I know this post is a bit pre-mature. With Thanksgiving at the door, an Advent post might seem hasty to some. But here’s the deal I made with God several months ago. He challenged me to spend my words as they come. Not to hoard them or store them up for a better day; that better day is today. Tomorrow is not promised to me or to you. Thus, I give you this post as it has arrived. I didn’t intend to write it; it simply wrote me and will probably end up being the family Christmas letter this year. I’m not sure I will be able to improve upon it in the days to come. May these simple thoughts be a point of beginning for you as you ponder the sacred worth of a Bethlehem pilgrimage. They are my gift to you. Peace for the journey, friends. Walk it well and find your Peace.

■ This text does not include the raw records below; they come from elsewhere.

-- ===== src/Volmig/Describing.antt =====
-- What `volmig describe` asks for, and its exit status.
use mathlib.Core.List.{Memᴰ}
use migcontroller.Prelude.{ℕ, String, ◌≡◌, refl, inl, inr, Option, none, some, List, [], ◌∷◌}
use migcontroller.Objects.{Except, ok, err}
use migcontroller.VolumeResize.{
  VolumeResize, VolumeResizeTarget, VolumeResizeStatus, VolumeStatus, Condition,
}
use migcontroller.Call.{Call, vr_get, now, print, print_error}
use migcontroller.Prog.{Log, Handler, run, ret, ◌>>◌}
use migcontroller.Prog.Safe.{Spec, Safe, Safe-bind, Has-Extends, Guarded, Ends, run-Safe}
use migcontroller.Syncing.Guard.{Has}
use migcontroller.Validating.Start.{any_answer}
use migcontroller.Volmig.Client.{
  Host, Flags, Command, get_client, connect, exit_with_error, or_exit, print_line,
}
use migcontroller.Volmig.Watching.{WatchGuard, HasFailed}
use migcontroller.Volmig.Showing.{unless_empty-Prints}
use migcontroller.Volmig.Reports.{print_duration-Prints}
use migcontroller.Volmig.Prints.{IsPrint, Prints, Prints-bind, Prints-option, Prints-last}
use migcontroller.Volmig.Describe.{
  describe_targets, describe_status, describe_volumes, describe_conditions, titled, print_details,
  run_describe,
}

-- an optional line, and what follows it
option-Prints :
    {A : Type 0} (o : Option A) (line : A → String) (m : Command (Unit {0}))
    → Prints m
    → Prints ((elim o [ none ↦ ret tt | some a ↦ print_line (line a) ]) >> m)
option-Prints o line m p =
    Prints-bind (elim o [ none ↦ ret tt | some a ↦ print_line (line a) ]) (λ _. m)
      (Prints-option o _ _ tt (λ a. (tt, λ _. tt))) (λ _. p)

module _ (host : Host) where
  describe_targets-Prints : (vols : List VolumeResizeTarget) → Prints (describe_targets host vols)
  unfolding describe_targets
  describe_targets-Prints [] = tt
  describe_targets-Prints (vol ∷ rest) =
      (tt, λ _. (tt, λ _. option-Prints vol.storage_class _ _ (describe_targets-Prints rest)))

  describe_status-Prints : (status : VolumeResizeStatus) → Prints (describe_status host status)
  unfolding describe_status
  describe_status-Prints status = (
    tt,
    λ _. (
      tt,
      λ _. option-Prints status.current_replica _ _ (
          unless_empty-Prints status.current_volume _ _ (
            unless_empty-Prints status.message _ _ (
              unless_empty-Prints status.backup_config_map_name _ _ (
                option-Prints status.start_time _ _ (
                  option-Prints status.completion_time _ _
                    (print_duration-Prints host _ _ _ _)))))),
    ),
  )

describe_volumes-Prints : (ss : List VolumeStatus) → Prints (describe_volumes ss)
unfolding describe_volumes
describe_volumes-Prints [] = tt
describe_volumes-Prints (vs ∷ rest) = (
  tt,
  λ _. (
    tt,
    λ _. unless_empty-Prints vs.old_pvc_name _ _ (
        unless_empty-Prints vs.new_pvc_name _ _ (
          unless_empty-Prints vs.old_pv_name _ _
            (unless_empty-Prints vs.message _ _ (describe_volumes-Prints rest)))),
  ),
)

describe_conditions-Prints : (cs : List Condition) → Prints (describe_conditions cs)
unfolding describe_conditions
describe_conditions-Prints [] = tt
describe_conditions-Prints (cond ∷ rest) = (
  tt,
  λ _. (
    tt,
    λ _.
        unless_empty-Prints cond.reason _ _
          (unless_empty-Prints cond.message _ _ (describe_conditions-Prints rest)),
  ),
)

titled-Prints :
    {A : Type 0} (title : String) (body : List A → Command (Unit {0})) (xs : List A)
    → ((ys : List A) → Prints (body ys))
    → Prints (titled title body xs)
titled-Prints title body [] p = tt
titled-Prints title body (x ∷ rest) p = (tt, λ _. (tt, λ _. p (x ∷ rest)))

print_details-Prints : (host : Host) (vr : VolumeResize) → Prints (print_details host vr)
unfolding print_details
print_details-Prints host vr = (
  tt,
  λ _. (
    tt,
    λ _. (
      tt,
      λ _. (
        tt,
        λ _. (
          tt,
          λ _. (
            tt,
            λ _. (
              tt,
              λ _.
                  Prints-bind (describe_targets host vr.spec.volumes) _
                    (describe_targets-Prints host vr.spec.volumes)
                    (λ _. (
                      tt,
                      λ _.
                          Prints-bind (describe_status host vr.status) _
                            (describe_status-Prints host vr.status)
                            (λ _.
                              Prints-bind
                                (titled "Volume Statuses:" describe_volumes
                                  vr.status.volume_statuses)
                                _
                                (titled-Prints "Volume Statuses:" _ vr.status.volume_statuses
                                  describe_volumes-Prints)
                                (λ _.
                                  titled-Prints "Conditions:" _ vr.status.conditions
                                    describe_conditions-Prints)),
                    )),
            ),
          ),
        ),
      ),
    ),
  ),
)

module _ (host : Host) (flags : Flags) (name : String) where
  abbrev pub describe_spec : Spec ℕ
  describe_spec = record {
    guard = WatchGuard host flags name;
    fair = λ _ _. Unit {0};
    stops = λ l status. (status ≡ 1) × HasFailed host flags name l;
    panics = ⊥;
    exhausts = ⊥;
  }

  -- A read gave the object.
  abbrev pub WasFound : Log → Type 0
  WasFound l = (vr : VolumeResize) × Has l (vr_get flags.namespace name) (ok vr)

  allowed : (l : Log) (c : Call) → IsPrint c → describe_spec.guard l c
  allowed l now p = tt
  allowed l (print _) p = tt
  allowed l (print_error _) p = tt
  allowed l _ p = absurd p

  connect-Safe : Safe describe_spec [] (connect host flags) (λ _ _. Unit {0})
  unfolding connect exit_with_error
  connect-Safe = at (get_client host flags) refl
    where
      at :
          (r : Except (Unit {0}))
          → get_client host flags ≡ r
          → Safe describe_spec [] (or_exit "failed to create kubernetes client" r) (λ _ _. Unit {0})
      at (ok u) e = tt
      at (err e') e = (tt, λ _ _. (refl, inl (e', e)))

  run_describe-Safe : Safe describe_spec [] (run_describe host flags name) (λ l _. WasFound l)
  unfolding run_describe exit_with_error
  run_describe-Safe =
      Safe-bind describe_spec [] (connect host flags) _ (λ _ _. Unit {0}) _ connect-Safe
        (λ l _ x _. (
          (refl, refl),
          elim [
            | err e ↦ λ _. (tt, λ _ _. (refl, inr (e, Memᴰ.tail (Memᴰ.head refl))))
            | ok vr ↦ λ _.
                Prints-last describe_spec allowed _ (print_details host vr) _
                  (print_details-Prints host vr) (λ l' _ x'. (vr, Has-Extends (Memᴰ.head refl) x'))
          ],
        ))

-- In every run of volmig describe, the requests are those that volmig watch may make, the command
-- returns only after the object was read, and otherwise exits with status 1, after a read or the
-- client's creation failed; it never panics.
pub describes_exit :
    {W : Type 0} (h : Handler W) (host : Host) (flags : Flags) (name : String) (w : W)
    → Guarded (WatchGuard host flags name) (run h (run_describe host flags name) w []).log
      × Ends
          (describe_spec host flags name)
          (λ l _. WasFound host flags name l)
          (run h (run_describe host flags name) w []).log
          (run h (run_describe host flags name) w []).end
describes_exit h host flags name w =
    run-Safe h (describe_spec host flags name) (run_describe host flags name)
      (λ l _. WasFound host flags name l) w [] (any_answer _) (run_describe-Safe host flags name) tt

I had one of those rare moments yesterday. A moment that spins golden and breathes pure. A moment that is often easily missed if eyes and minds are focused otherwise. Fortunately, my eyes and heart were prone for the whispers of a better focus—

baby girl, asleep on the couch.

She really isn’t a baby anymore. She is six years old, but as my only “pink” in line behind three “blues,” she will always hold the title as my baby.

Rarely does she sleep during the day. She’s outgrown such habits, but yesterday’s quiet and the drone of the television lulled her into a late afternoon nap. Everyone else was somewhere else, and I was busy at the computer. When I hadn’t heard from her in a while, I went into the living and found her curled up on the couch. Instead of rousing her from her slumber, I gently picked up her frame and cradled her on my lap.

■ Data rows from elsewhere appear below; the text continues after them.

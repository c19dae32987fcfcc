-- ===== src/Volmig/WatchEnds.antt =====
-- How `volmig watch` of cmd/volmig/cmd/watch.go comes to its end.
use migcontroller.Prelude.{
  ℕ, zero, suc, ◌*◌, ◌≤◌, ◌<◌, String, ◌≡◌, refl, ◌⊎◌, inl, inr, Bool, true, false, ◌==◌, eq_iff,
  arith, [], ◌∷◌, if◌then◌else◌,
}
use migcontroller.Objects.{Except, ok, err}
use migcontroller.VolumeResize.{VolumeResize}
use migcontroller.Call.{Call, Answer, vr_get, sleep, print}
use migcontroller.Prog.{
  Log, End, stopped, ret, stop, panic, out_of_fuel, call, ◌>>=◌, ◌>>◌, Handler, run,
}
use migcontroller.Pvc.{second}
use migcontroller.Volmig.Text.{phase_text, phase_completed, phase_failed}
use migcontroller.Volmig.Client.{
  Host, Flags, Command, get_client, connect, exit_with_error, or_exit,
}
use migcontroller.Volmig.Watch.{
  Seen, nothing_seen, print_duration, report, exit_if_terminal, watch_loop, run_watch,
}
use migcontroller.Volmig.Prints.{Prints}
use migcontroller.Volmig.Reports.{print_duration-Prints, report-Prints}

-- The end of a migration, as one read shows it.
abbrev pub IsFinal : Except VolumeResize → Type 0
IsFinal (ok vr) =
    (phase_text vr.status.phase ≡ phase_completed) ⊎ (phase_text vr.status.phase ≡ phase_failed)
IsFinal (err e) = Unit {0}

-- A migration that comes to its end: `rank` counts the waits that it may still take.
pub record Settles {W : Type 0} (h : Handler W) (flags : Flags) (name : String) (rank : W → ℕ)
    : Type 0 where
  pub grows : (c : Call) (w : W) → rank (h c w).1 ≤ rank w
  pub waits : (d : ℕ) (w : W) → (rank w ≡ 0) ⊎ (rank (h (sleep d) w).1 < rank w)
  pub settled : (w : W) → rank w ≡ 0 → IsFinal (h (vr_get flags.namespace name) w).0

abbrev pub HasExited : {X A : Type 0} → End X A → Type 0
HasExited (stopped _) = Unit {0}
HasExited _ = ⊥

-- after a part that only prints
module _ {W : Type 0} (h : Handler W) (rank : W → ℕ)
    (grows : (c : Call) (w : W) → rank (h c w).1 ≤ rank w) where
  Prints-run :
      {A : Type 0} (m : Command A) (w : W) (l : Log)
      → Prints m
      → (a : A) × (w' : W) × (l' : Log) × (rank w' ≤ rank w)
        × ((B : Type 0) (f : A → Command B) → run h (m >>= f) w l ≡ run h (f a) w' l')
  unfolding run
  Prints-run (ret a) w l p = (a, w, l, omega arith, λ B f. refl)
  Prints-run (stop x) w l p = absurd p
  Prints-run panic w l p = absurd p
  Prints-run out_of_fuel w l p = absurd p
  Prints-run (call c k) w l p =
      let (r, w₁) = h c w in
      let (a, w', l', below, same) = Prints-run (k r) w₁ ((c, r) ∷ l) (p.1 r) in
      (a, w', l', omega (arith, below, grows c w), same)

-- a program that exits whatever the answers are
abbrev Exits : {A : Type 0} → Command A → Type 0
Exits (ret a) = ⊥
Exits (stop x) = Unit {0}
Exits panic = ⊥
Exits out_of_fuel = ⊥
Exits (call c k) = (r : Answer c) → Exits (k r)

Prints-Exits :
    {A B : Type 0} (m : Command A) (f : A → Command B)
    → Prints m
    → ((a : A) → Exits (f a))
    → Exits (m >>= f)
Prints-Exits (ret a) f p x = x a
Prints-Exits (stop s) f p x = absurd p
Prints-Exits panic f p x = absurd p
Prints-Exits out_of_fuel f p x = absurd p
Prints-Exits (call c k) f p x = λ r. Prints-Exits (k r) f (p.1 r) x

module _ {W : Type 0} (h : Handler W) where
  Exits-run :
      {A B : Type 0} (m : Command A) (k : A → Command B) (w : W) (l : Log)
      → Exits m
      → HasExited (run h (m >>= k) w l).end
  unfolding run
  Exits-run (ret a) k w l x = absurd x
  Exits-run (stop s) k w l x = tt
  Exits-run panic k w l x = absurd x
  Exits-run out_of_fuel k w l x = absurd x
  Exits-run (call c f) k w l x =
      Exits-run (f (h c w).0) k (h c w).1 ((c, (h c w).0) ∷ l) (x (h c w).0)

  if-HasExited :
      (b : Bool) (m m' : Command (Unit {0})) (k : Unit {0} → Command (Unit {0})) (w : W) (l : Log)
      → Exits m
      → ((b ≡ false) → HasExited (run h (m' >>= k) w l).end)
      → HasExited (run h ((if b then m else m') >>= k) w l).end
  if-HasExited true m m' k w l x y = Exits-run m k w l x
  if-HasExited false m m' k w l x y = y refl

  -- A read either ends the command or is followed by the rest.
  exit_if_terminal-HasExited :
      (host : Host) (vr : VolumeResize) (k : Unit {0} → Command (Unit {0})) (w : W) (l : Log)
      → IsFinal (ok vr) ⊎ HasExited (run h (k tt) w l).end
      → HasExited (run h (exit_if_terminal host vr >>= k) w l).end
  unfolding exit_if_terminal
  exit_if_terminal-HasExited host vr k w l x =
      if-HasExited (phase_text vr.status.phase == phase_completed) _ _ k w l
        (λ _ _.
          Prints-Exits
            (print_duration host "Duration: " second vr.status.completion_time vr.status.start_time)
            _ (print_duration-Prints host _ _ _ _) (λ _. tt))
        (λ not_done.
          if-HasExited (phase_text vr.status.phase == phase_failed) _ _ k w l (λ _ _. tt)
            (λ not_failed. elim x [
              | inr y ↦ y
              | inl (inl e) ↦ ground (arith, eq_iff (phase_text vr.status.phase) phase_completed)
              | inl (inr e) ↦ ground (arith, eq_iff (phase_text vr.status.phase) phase_failed)
            ]))

decide_zero : (n : ℕ) → (n ≡ 0) ⊎ (0 < n)
decide_zero zero = inl refl
decide_zero (suc n) = inr (omega arith)

module _ {W : Type 0} (h : Handler W) (host : Host) (flags : Flags) (name : String) (rank : W → ℕ)
    (settles : Settles h flags name rank) where
  round-HasExited :
      (vr : VolumeResize) (last : Seen) (rest : Seen → Command (Unit {0})) (w : W) (l : Log)
      → (IsFinal (ok vr)
          ⊎ ((last' : Seen) (w' : W) (l' : Log)
              → rank w' ≤ rank w
              → HasExited (run h (rest last') w' l').end))
      → HasExited
          (run h
            (report host last vr >>= (λ last'. exit_if_terminal host vr >> rest last'))
            w
            l).end
  round-HasExited vr last rest w l x =
      let (last', w', l', below, same) =
        Prints-run h rank settles.grows (report host last vr) w l (report-Prints host last vr) in
      rw (same (Unit {0}) _) (
        exit_if_terminal-HasExited h host vr (λ _. rest last') w' l'
          (elim x [ inl e ↦ inl e | inr y ↦ inr (y last' w' l' below) ]))

  -- one read and what follows it
  read-HasExited :
      (answer : Except VolumeResize) (last : Seen) (rest : Seen → Command (Unit {0})) (w : W)
      (l : Log)
      → (IsFinal answer
          ⊎ ((last' : Seen) (w' : W) (l' : Log)
              → rank w' ≤ rank w
              → HasExited (run h (rest last') w' l').end))
      → HasExited
          (run h
            (or_exit "failed to get volumeresize" answer
              >>= (λ vr. report host last vr >>= (λ last'. exit_if_terminal host vr >> rest last')))
            w
            l).end
  unfolding exit_with_error run
  read-HasExited (ok vr) last rest w l x = round-HasExited vr last rest w l x
  read-HasExited (err e) last rest w l x = tt

  slept : (w : W) (n : ℕ) → rank w ≤ suc n → rank (h (sleep (2 * second)) w).1 ≤ n
  slept w n bound = elim (settles.waits (2 * second) w) [
    | inl e ↦ omega (arith, e, settles.grows (sleep (2 * second)) w)
    | inr e ↦ omega (arith, e, bound)
  ]

  connect-HasExited :
      (answer : Except (Unit {0})) (rest : Command (Unit {0})) (w : W) (l : Log)
      → HasExited (run h rest w l).end
      → HasExited
          (run h (or_exit "failed to create kubernetes client" answer >>= (λ _. rest)) w l).end
  unfolding exit_with_error run
  connect-HasExited (ok u) rest w l x = x
  connect-HasExited (err e) rest w l x = tt

  -- `rank` more polls are enough
  watch_loop-HasExited :
      (fuel : ℕ) (w : W) (l : Log) (last : Seen)
      → rank w ≤ fuel
      → HasExited (run h (watch_loop (suc fuel) host flags name last) w l).end
  unfolding watch_loop run
  watch_loop-HasExited zero w l last bound =
      read-HasExited _ last _ _ _ (inl (settles.settled w (omega (arith, bound))))
  watch_loop-HasExited (suc fuel) w l last bound = elim (decide_zero (rank w)) [
    | inl e ↦ read-HasExited _ last _ _ _ (inl (settles.settled w e))
    | inr e ↦ read-HasExited _ last _ _ _ (
        inr (λ last' w' l' below. watch_loop-HasExited fuel _ _ last' (
          slept w' fuel
            (omega (arith, bound, below, settles.grows (vr_get flags.namespace name) w)))))
  ]

-- Volmig watch exits where the reads of the object come to a failure or to a phase Completed or
-- Failed after a number of waits: a rank that no request raises and every wait lowers until it is
-- 0, where such a read follows; one poll more than the rank is enough.
pub watch_ends :
    {W : Type 0} (h : Handler W) (host : Host) (flags : Flags) (name : String) (rank : W → ℕ)
    → Settles h flags name rank
    → (fuel : ℕ) (w : W) → rank w < fuel
    → HasExited (run h (run_watch fuel host flags name) w []).end
unfolding run_watch connect run
watch_ends h host flags name rank settles (suc fuel) w bound =
    connect-HasExited h host flags name rank settles (get_client host flags) _ w [] (
      watch_loop-HasExited h host flags name rank settles fuel _ _ nothing_seen
        (omega (arith, bound, settles.grows (print _) w)))
watch_ends h host flags name rank settles zero w bound = absurd omega (arith, bound)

She barely noticed and continued with her ruffled breathing for the better part of an hour. I simply listened and held and prayed and cried some tender tears for the moment. It won’t be long before my cradling of her tiny body will be beyond my reach. Literally. But her heart? Always within reach. Always fit for my cradling, my holding, my praying, and my tears of celebratory and unwavering love.

She’s a gift to me. I never imagined her. As a single mother of two young sons, I never imagined much beyond my survival. But then Billy. And then the gift of a third son. And then a friend who jogged by my house one afternoon. She didn’t normally stop mid-jog, but that day she did. I answered her knock, and she boldly proclaimed to me that God had strongly spoken a word into her spirit while passing my house. God would give me another child. I laughed and said “thank you”… sort of.

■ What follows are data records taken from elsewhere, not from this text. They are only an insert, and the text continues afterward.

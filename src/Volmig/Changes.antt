-- ===== src/Volmig/Changes.antt =====
-- When `volmig watch` prints: what it remembers of the object, and what it reads.
use migcontroller.Prelude.{◌≡◌, refl, ◌↔◌, Option, none, some, false, eq_iff, arith}
use migcontroller.Prelude.Int32.{Int32}
use migcontroller.VolumeResize.{VolumeResize}
use migcontroller.Volmig.Text.{phase_text}
use migcontroller.Volmig.Watch.{Seen, replica_changed, has_changed, seen_of}

replica_changed-eq : (a b : Option Int32) → (replica_changed a b ≡ false) ↔ (b ≡ a)
unfolding replica_changed
replica_changed-eq none none = (λ _. refl, λ _. refl)
replica_changed-eq none (some b) = (λ e. absurd cc, λ e. absurd cc)
replica_changed-eq (some a) none = (λ e. absurd cc, λ e. absurd cc)
replica_changed-eq (some a) (some b) = (λ e. ground arith, λ e. ground arith)

-- The test by which volmig watch decides to print is false exactly if the phase, message and
-- replica that it would remember of the object are those that it remembers.
pub has_changed-seen_of :
    (last : Seen) (vr : VolumeResize) → (has_changed last vr ≡ false) ↔ (seen_of vr ≡ last)
unfolding has_changed seen_of
has_changed-seen_of last vr = (
  λ e. ground (
    arith,
    eq_iff (phase_text vr.status.phase) last.phase,
    eq_iff vr.status.message last.message,
    replica_changed-eq last.replica vr.status.current_replica,
  ),
  λ e. ground (
    arith,
    eq_iff (phase_text vr.status.phase) last.phase,
    eq_iff vr.status.message last.message,
    replica_changed-eq last.replica vr.status.current_replica,
  ),
)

I wasn’t planning on another child. We were working on sealing that deal when I began to notice a shift in my body. Something was going on. Baby girl was going on and, now, six years down the road, I am the better for plans gone awry. Plans that exceed my wisdom, my desires, my focus and my calendar. God interrupted my life with Amelia, and my heart (already so full to the brim with love for my family) ripped open once again to receive the gift of a daughter.


There was room enough to love a little pink, and just yesterday, I was reminded of the sacred privilege that I’ve been given to be her mother.

She’s growing so fast. So good and so full of fresh perspective. I see her take to her Jesus even as I took to him at her young age. She exceeds the Christian talk. She’s walking her Christian talk. And last night, as witness to the stirrings of her heart, she made a picture for me. It reads,


“I love Jesus. Jesus is the star. Jesus is the best! He rocks. He is the baby. He is the son of God.”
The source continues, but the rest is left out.